The old saying “When guns speak, diplomats fall silent” may still hold some relevance—but only to a certain extent. As experts remind us, it is precisely during times of war that diplomatic initiatives can serve as the “gate” or “window” through which the parties—or at least one of them—can retreat without “losing face.” The exchange of strikes between Israel and Iran proves this once again. Notably, Azerbaijani diplomacy plays no minor role in this process.
Azerbaijan has prepared for possible scenarios that could affect neighboring countries under sanctions — this was stated by Presidential Aide Hikmet Hajiyev during the panel discussion “Middle Corridor: A New Geopolitical and Economic Lifeline” at the GLOBSEC 2025 forum. According to him, Azerbaijan has found itself at the epicenter of a complex geopolitical landscape: on one side, the ongoing Russia–Ukraine conflict; on the other, the escalation between Israel and Iran.

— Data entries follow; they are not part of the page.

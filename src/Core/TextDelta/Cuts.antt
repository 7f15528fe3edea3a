-- ===== src/Core/TextDelta/Cuts.antt =====
-- Lists cut at two places, and their ends seen from the end: the slices of text_delta.rs.
use mathlib.Core.List.{reverse-append}
use zanei.Prelude.{
  ℕ, zero, suc, ◌+◌, ◌-◌, ◌≤◌, ◌≡◌, refl, sym, ap, ◌∙◌, List, [], ◌∷◌, ◌++◌, reverse, length,
  length-reverse, length-take, length-drop, take, drop, take-append-drop, arith,
}

module _ {ℓ} {A : Type ℓ} where
  take-append_length : (xs ys : List A) → take (length xs) (xs ++ ys) ≡ xs
  take-append_length [] ys = refl
  take-append_length (x ∷ xs) ys = ap (λ l. x ∷ l) (take-append_length xs ys)

  pub drop-append_length : (xs ys : List A) → drop (length xs) (xs ++ ys) ≡ ys
  drop-append_length [] ys = refl
  drop-append_length (x ∷ xs) ys = drop-append_length xs ys

  pub drop-drop : (p k : ℕ) (xs : List A) → drop k (drop p xs) ≡ drop (p + k) xs
  drop-drop zero k xs = let e : k ≡ zero + k = omega arith in ap (λ n. drop n xs) e
  drop-drop (suc p) zero [] = let e : suc p ≡ suc p + zero = omega arith in ap (λ n. drop n []) e
  drop-drop (suc p) (suc k) [] =
      let e : suc (p + suc k) ≡ suc p + suc k = omega arith in ap (λ n. drop n []) e
  drop-drop (suc p) k (x ∷ xs) =
      let e : suc (p + k) ≡ suc p + k = omega arith in
      drop-drop p k xs ∙ ap (λ n. drop n (x ∷ xs)) e

  -- A list cut at two places.
  pub cut : (p n : ℕ) (xs : List A) → xs ≡ take p xs ++ (take n (drop p xs) ++ drop (p + n) xs)
  cut p n xs =
      sym (take-append-drop p xs)
      ∙ ap (◌++◌ (take p xs))
          (sym (take-append-drop n (drop p xs)) ∙ ap (◌++◌ (take n (drop p xs))) (drop-drop p n xs))

  -- The last `n` elements, seen from the end.
  pub take-reverse :
      (n : ℕ) (xs : List A)
      → n ≤ length xs
      → take n (reverse xs) ≡ reverse (drop (length xs - n) xs)
  take-reverse n xs h =
      let k : ℕ = length xs - n in
      let e : reverse xs ≡ reverse (drop k xs) ++ reverse (take k xs) =
        ap reverse (sym (take-append-drop k xs)) ∙ reverse-append (take k xs) (drop k xs) in
      let m : n ≡ length (reverse (drop k xs)) =
        omega (arith, length-reverse (drop k xs), length-drop k xs) in
      ap (take n) e
      ∙ ap (λ i. take i (reverse (drop k xs) ++ reverse (take k xs))) m
      ∙ take-append_length (reverse (drop k xs)) (reverse (take k xs))

  -- A list cut behind its first `p` elements and before its last `s`.
  pub cut_ends :
      (p s : ℕ) (xs : List A)
      → p + s ≤ length xs
      → xs ≡ take p xs ++ (take (length xs - s - p) (drop p xs) ++ drop (length xs - s) xs)
  cut_ends p s xs h =
      let e : p + (length xs - s - p) ≡ length xs - s = omega arith in
      cut p (length xs - s - p) xs
      ∙ ap (λ n. take p xs ++ (take (length xs - s - p) (drop p xs) ++ drop n xs)) e

  pub length-middle :
      (p s : ℕ) (xs : List A)
      → p + s ≤ length xs
      → length (take (length xs - s - p) (drop p xs)) ≡ length xs - p - s
  length-middle p s xs h =
      omega (arith, length-take (length xs - s - p) (drop p xs), length-drop p xs)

Hajiyev continued: “We anticipated the development of such a situation and have to some extent prepared ourselves both for new geopolitical shocks from the Middle East and for potential scenarios involving our sanctioned neighbors.”
And it should be added: it is unlikely that this foresight was limited to stockpiling tea and sweets at the Astara border checkpoint, through which Russian and Kazakh citizens were “evacuated” from Iran. It is quite possible that Azerbaijan has a few unexpected diplomatic moves up its sleeve. In any case, one development that deserves serious attention is the phone call between Azerbaijan’s Foreign Minister Jeyhun Bayramov and his Iranian counterpart Seyed Abbas Araghchi.
According to Azerbaijan’s Foreign Ministry, Bayramov expressed concern over the escalating situation around Iran’s nuclear sites amid Israeli attacks. He offered condolences over the deaths of the Chief of the General Staff, several officials, and civilians, stressed that the developments surrounding the nuclear facilities are deeply troubling, and underscored the need to resolve such issues through dialogue and diplomacy, in accordance with international law and its principles. “Given the risk of the conflict spreading across a broader region, the importance of reviving diplomatic efforts was once again emphasized,” the Ministry stated. Furthermore, Bayramov made it clear that Azerbaijan will never allow its territory to be used for attacks against third countries — including neighboring and friendly Iran.
Such a position by Azerbaijan is entirely logical and acceptable. The country maintains good-neighborly relations with Iran, broad cooperation with Israel, and any conflict at its borders poses inherent risks. It is therefore unsurprising that Azerbaijan is in no hurry to take sides and consistently calls on the parties to exercise restraint and resolve disputes at the negotiating table.
This, of course, does not yet mean that Azerbaijani mediation in the escalating conflict is on the horizon. But calling for a return to negotiations is precisely what both sides currently lack.
Finally, the risk of the conflict expanding has not disappeared. IRGC generals are already voicing familiar threats to close the Strait of Hormuz — the route through which the majority of Persian Gulf oil is exported. For Western economies, this would be catastrophic, and any attempt at a “tanker war” in the strait would likely prompt a response not only from Israel — but also potentially from the United States. Let us recall that the U.S. has previously conducted military operations against Iran’s navy in the Persian Gulf, during the first “tanker war” sparked by Iran amid its conflict with Iraq. Back then, the U.S. avoided striking its own bases in the “oil emirates.” But how Tehran would act this time is difficult to predict.
Another key question: are the parties themselves ready for diplomacy? Israel, it seems, no longer believes in diplomacy based on past experience and prefers to address its hostile neighbors’ nuclear ambitions with missiles and bombs. In Iran, on the evening of June 13, the head of the Atomic Energy Organization of Iran, Mohammad Eslami, assured the public that despite Israeli attacks and the deaths of leading nuclear scientists, the country would continue its nuclear program.
Whether that stance has shifted following the recent “missile duel” is hard to say. On one hand, Iran managed to breach Israeli air defenses and strike not only residential neighborhoods in Tel Aviv but also the “Israeli Pentagon” — the Kirya complex. On the other hand, Israel has promised to “expand the operation” and continue targeting ballistic missile positions. Some experts believe Iran still retains the technical capacity to pursue its nuclear program, while others argue the infrastructure has suffered critical damage. The killing of nuclear scientists will also play a role.
On top of that, Israel shows no signs of stopping. It may well be that by the time Tehran is “ready” to return to negotiations, there may be nothing left to discuss. And the most dangerous thing for Tehran is that such an outcome would suit many countries — even some of those now publicly condemning Israeli strikes. In many capitals, nuclear weapons in the hands of the current Iranian leadership are seen as too great a risk. And many would quietly approve if “bad guy Israel” took it upon itself to bomb Iran’s nuclear infrastructure. With all the consequences that would entail for the Islamic Republic.